- Problem requirements -
The expected output is a verbatim reprint of the lines from the beginning of the data that follows through the line that contains "-- Of the first".
________________
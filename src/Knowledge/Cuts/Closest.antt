-- ===== src/Knowledge/Cuts/Closest.antt =====
-- What the ladder finds: the closest cut of the first rung that has one in the window.
use whatsapp_os.Prelude.{
  ℕ, zero, suc, ◌+◌, ◌≤◌, ◌<◌, ◌≡◌, refl, min, Bool, true, false, ◌&&◌, ◌⊎◌, inl, inr, List, [],
  ◌∷◌, Option, none, some, length, leb, ◌==◌, arith, if◌then◌else◌, Bool-cases, Option-cases, ap,
  sym, ◌∙◌,
}
use mathlib.Core.Path.{subst}
use whatsapp_os.Knowledge.{Text, Unicode, Budget}
use whatsapp_os.Knowledge.Boundary.{is_safe_boundary}
use whatsapp_os.Knowledge.Cuts.{
  CutTest, Candidate, distance_to, is_no_further, separator_ladder, best_from, first_rung, find_cut,
}

module _ (unicode : Unicode) (text : Text) where
  -- A cut of one kind that splits no character.
  abbrev pub is_cut : CutTest → ℕ → Bool
  is_cut test index = test text index && is_safe_boundary unicode text index

  -- No cut of the kind in the window, and the cut that is closest to the target, the later of two.
  abbrev pub HasNone : CutTest → ℕ → ℕ → Type 0
  HasNone test lowest highest =
      (index : ℕ) → lowest ≤ index → index ≤ highest → is_cut test index ≡ false

  pub record IsClosest (test : CutTest) (target lowest highest cut : ℕ) : Type 0 where
    pub is_one : is_cut test cut ≡ true
    pub above : lowest ≤ cut
    pub below : cut ≤ highest
    pub closest :
        (index : ℕ)
        → lowest ≤ index
        → index ≤ highest
        → is_cut test index ≡ true
        → (distance_to target cut ≤ distance_to target index)
          × (distance_to target index ≡ distance_to target cut → index ≤ cut)

  -- Of the first kind that has a cut, the closest one; `none` is for no cut of any kind.
  abbrev pub IsFound : List CutTest → ℕ → ℕ → ℕ → Option ℕ → Type 0
  IsFound [] target lowest highest none = Unit {0}
  IsFound [] target lowest highest (some cut) = ⊥
  IsFound (test ∷ tests) target lowest highest none =
      HasNone test lowest highest × IsFound tests target lowest highest none
  IsFound (test ∷ tests) target lowest highest (some cut) =
      IsClosest test target lowest highest cut
      ⊎ (HasNone test lowest highest × IsFound tests target lowest highest (some cut))

  -- What a round knows of the positions before `index`.
  abbrev IsBestYet : CutTest → ℕ → ℕ → ℕ → Option Candidate → Type 0
  IsBestYet test target lowest index none = (i : ℕ) → lowest ≤ i → i < index → is_cut test i ≡ false
  IsBestYet test target lowest index (some best) =
      (is_cut test best.index ≡ true)
      × (lowest ≤ best.index)
      × (best.index < index)
      × (best.distance ≡ distance_to target best.index)
      × ((i : ℕ)
          → lowest ≤ i
          → i < index
          → is_cut test i ≡ true
          → (best.distance ≤ distance_to target i)
            × (distance_to target i ≡ best.distance → i ≤ best.index))

  abbrev better : CutTest → ℕ → ℕ → Option Candidate → Option Candidate
  better test target index best =
      if is_cut test index && is_no_further (distance_to target index) best
      then some (record { index = index; distance = distance_to target index })
      else best

  better-IsBestYet :
      (test : CutTest) (target lowest index : ℕ) (best : Option Candidate)
      → lowest ≤ index
      → IsBestYet test target lowest index best
      → IsBestYet test target lowest (suc index) (better test target index best)
  better-IsBestYet test target lowest index none low seen = elim (Bool-cases (is_cut test index)) [
    | inl cut ↦ rw cut (
        (
          cut,
          low,
          omega arith,
          refl,
          λ i from to is. elim (Bool-cases (i == index)) [
            | inl same ↦ let here : i ≡ index = ground arith in rw here (omega arith)
            | inr other ↦ let before = seen i from (ground arith) in cc
          ],
        ))
    | inr no_cut ↦ rw no_cut (λ i from to. elim (Bool-cases (i == index)) [
      | inl same ↦ let here : i ≡ index = ground arith in rw here no_cut
      | inr other ↦ seen i from (ground arith)
    ])
  ]
  better-IsBestYet test target lowest index (some best) low (is_one, above, below, far, closest) =
      elim (Bool-cases (is_cut test index && leb (distance_to target index) best.distance)) [
        | inl better ↦
            let cut : is_cut test index ≡ true = ground arith in
            let nearer : distance_to target index ≤ best.distance = ground arith in
            rw better (
              (
                cut,
                low,
                omega arith,
                refl,
                λ i from to is. elim (Bool-cases (i == index)) [
                  | inl same ↦ let here : i ≡ index = ground arith in rw here (omega arith)
                  | inr other ↦
                      let before = closest i from (ground arith) is in
                      (omega arith, λ equal. ground arith)
                ],
              ))
        | inr worse ↦ rw worse (
            (
              is_one,
              above,
              omega arith,
              far,
              λ i from to is. elim (Bool-cases (i == index)) [
                | inl same ↦
                    let here : i ≡ index = ground arith in
                    let cut : is_cut test index ≡ true = ap (is_cut test) (sym here) ∙ is in
                    let farther : leb (distance_to target index) best.distance ≡ false =
                      sym (rw cut refl) ∙ worse in
                    rw here (ground (arith, farther))
                | inr other ↦ closest i from (ground arith) is
              ],
            ))
      ]

  best_from-IsBestYet :
      (test : CutTest) (target lowest rounds index last : ℕ) (best : Option Candidate)
      → lowest ≤ index
      → rounds + index ≡ last
      → IsBestYet test target lowest index best
      → IsBestYet test target lowest last (best_from unicode test text target rounds index best)
  unfolding best_from
  best_from-IsBestYet test target lowest zero index last best low ends seen =
      subst (λ n. IsBestYet test target lowest n best) (omega arith) seen
  best_from-IsBestYet test target lowest (suc rounds) index last best low ends seen =
      best_from-IsBestYet test target lowest rounds (suc index) last (better test target index best)
        (omega arith) (omega arith) (better-IsBestYet test target lowest index best low seen)

  next_rung :
      (test : CutTest) (tests : List CutTest) (target lowest highest : ℕ) (found : Option ℕ)
      → HasNone test lowest highest
      → IsFound tests target lowest highest found
      → IsFound (test ∷ tests) target lowest highest found
  next_rung test tests target lowest highest none nothing rest = (nothing, rest)
  next_rung test tests target lowest highest (some cut) nothing rest = inr (nothing, rest)

  first_rung-IsFound :
      (tests : List CutTest) (target rounds lowest highest : ℕ)
      → rounds + lowest ≡ highest + 1
      → IsFound tests target lowest highest (first_rung unicode tests text target rounds lowest)
  unfolding first_rung
  first_rung-IsFound [] target rounds lowest highest window = tt
  first_rung-IsFound (test ∷ tests) target rounds lowest highest window =
      let result = best_from unicode test text target rounds lowest none in
      let seen : IsBestYet test target lowest (highest + 1) result =
        best_from-IsBestYet test target lowest rounds lowest (highest + 1) none (omega arith) window
          (λ i from to. absurd (omega arith)) in
      let rest = first_rung-IsFound tests target rounds lowest highest window in
      elim (Option-cases result) [
        | inl nothing ↦
            let unseen : IsBestYet test target lowest (highest + 1) none =
              subst (IsBestYet test target lowest (highest + 1)) nothing seen in
            let stepped : first_rung unicode (test ∷ tests) text target rounds lowest
                ≡ first_rung unicode tests text target rounds lowest =
              rw (first_rung, nothing) refl in
            subst (IsFound (test ∷ tests) target lowest highest) (sym stepped) (
              next_rung test tests target lowest highest _
                (λ i from to. unseen i from (omega arith)) rest)
        | inr (best, found) ↦
            let (is_one, above, below, far, closest) =
              subst (IsBestYet test target lowest (highest + 1)) found seen in
            let stepped : first_rung unicode (test ∷ tests) text target rounds lowest
                ≡ some best.index =
              rw (first_rung, found) refl in
            subst (IsFound (test ∷ tests) target lowest highest) (sym stepped) (
              inl (record {
                is_one = is_one;
                above = above;
                below = omega arith;
                closest = λ i from to is.
                    let near = closest i from (omega arith) is in
                    (rw (← far) near.0, λ equal. near.1 (equal ∙ sym far));
              }))
      ]

  -- What `findCut` finds, if the window starts no later than one past its end: in the window it looks at
  -- the kinds of cut in the order of the ladder, and takes of the first kind that occurs the cut closest
  -- to the target, the later of two. It finds none only if no kind occurs.
  pub find_cut-IsFound :
      (budget : Budget) (start : ℕ)
      → start + budget.min_chars ≤ min (start + budget.max_chars) (length text) + 1
      → IsFound
          (separator_ladder unicode)
          (start + budget.target_chars)
          (start + budget.min_chars)
          (min (start + budget.max_chars) (length text))
          (find_cut unicode text budget start)
  unfolding find_cut
  find_cut-IsFound budget start window =
      first_rung-IsFound (separator_ladder unicode) _ _ _ _ (omega arith)

  IsFound-window :
      (tests : List CutTest) (target lowest highest cut : ℕ)
      → IsFound tests target lowest highest (some cut)
      → (lowest ≤ cut) × (cut ≤ highest) × (is_safe_boundary unicode text cut ≡ true)
  IsFound-window [] target lowest highest cut found = absurd found
  IsFound-window (test ∷ tests) target lowest highest cut (inl closest) =
      let is_one = closest.is_one in (closest.above, closest.below, ground arith)
  IsFound-window (test ∷ tests) target lowest highest cut (inr (nothing, found)) =
      IsFound-window tests target lowest highest cut found

  -- A cut lies in the window and splits no character.
  pub find_cut_window :
      (budget : Budget) (start cut : ℕ)
      → start + budget.min_chars ≤ min (start + budget.max_chars) (length text) + 1
      → find_cut unicode text budget start ≡ some cut
      → (start + budget.min_chars ≤ cut)
        × (cut ≤ min (start + budget.max_chars) (length text))
        × (is_safe_boundary unicode text cut ≡ true)
  find_cut_window budget start cut window found =
      IsFound-window (separator_ladder unicode) _ _ _ cut (
        subst (IsFound (separator_ladder unicode) _ _ _) found
          (find_cut-IsFound budget start window))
________________
- Answer box -
filename src/Knowledge/Cuts/Closest.antt
-- ===== src/Knowledge/Cuts/Closest.antt =====
-- What the ladder finds: the closest cut of the first rung that has one in the window.
use whatsapp_os.Prelude.{
  ℕ, zero, suc, ◌+◌, ◌≤◌, ◌<◌, ◌≡◌, refl, min, Bool, true, false, ◌&&◌, ◌⊎◌, inl, inr, List, [],
  ◌∷◌, Option, none, some, length, leb, ◌==◌, arith, if◌then◌else◌, Bool-cases, Option-cases, ap,
  sym, ◌∙◌,
}
use mathlib.Core.Path.{subst}
use whatsapp_os.Knowledge.{Text, Unicode, Budget}
use whatsapp_os.Knowledge.Boundary.{is_safe_boundary}
use whatsapp_os.Knowledge.Cuts.{
  CutTest, Candidate, distance_to, is_no_further, separator_ladder, best_from, first_rung, find_cut,
}

module _ (unicode : Unicode) (text : Text) where
  -- A cut of one kind that splits no character.
  abbrev pub is_cut : CutTest → ℕ → Bool
  is_cut test index = test text index && is_safe_boundary unicode text index

  -- No cut of the kind in the window, and the cut that is closest to the target, the later of two.
  abbrev pub HasNone : CutTest → ℕ → ℕ → Type 0
  HasNone test lowest highest =
      (index : ℕ) → lowest ≤ index → index ≤ highest → is_cut test index ≡ false

  pub record IsClosest (test : CutTest) (target lowest highest cut : ℕ) : Type 0 where
    pub is_one : is_cut test cut ≡ true
    pub above : lowest ≤ cut
    pub below : cut ≤ highest
    pub closest :
        (index : ℕ)
        → lowest ≤ index
        → index ≤ highest
        → is_cut test index ≡ true
        → (distance_to target cut ≤ distance_to target index)
          × (distance_to target index ≡ distance_to target cut → index ≤ cut)

  -- Of the first kind that has a cut, the closest one; `none` is for no cut of any kind.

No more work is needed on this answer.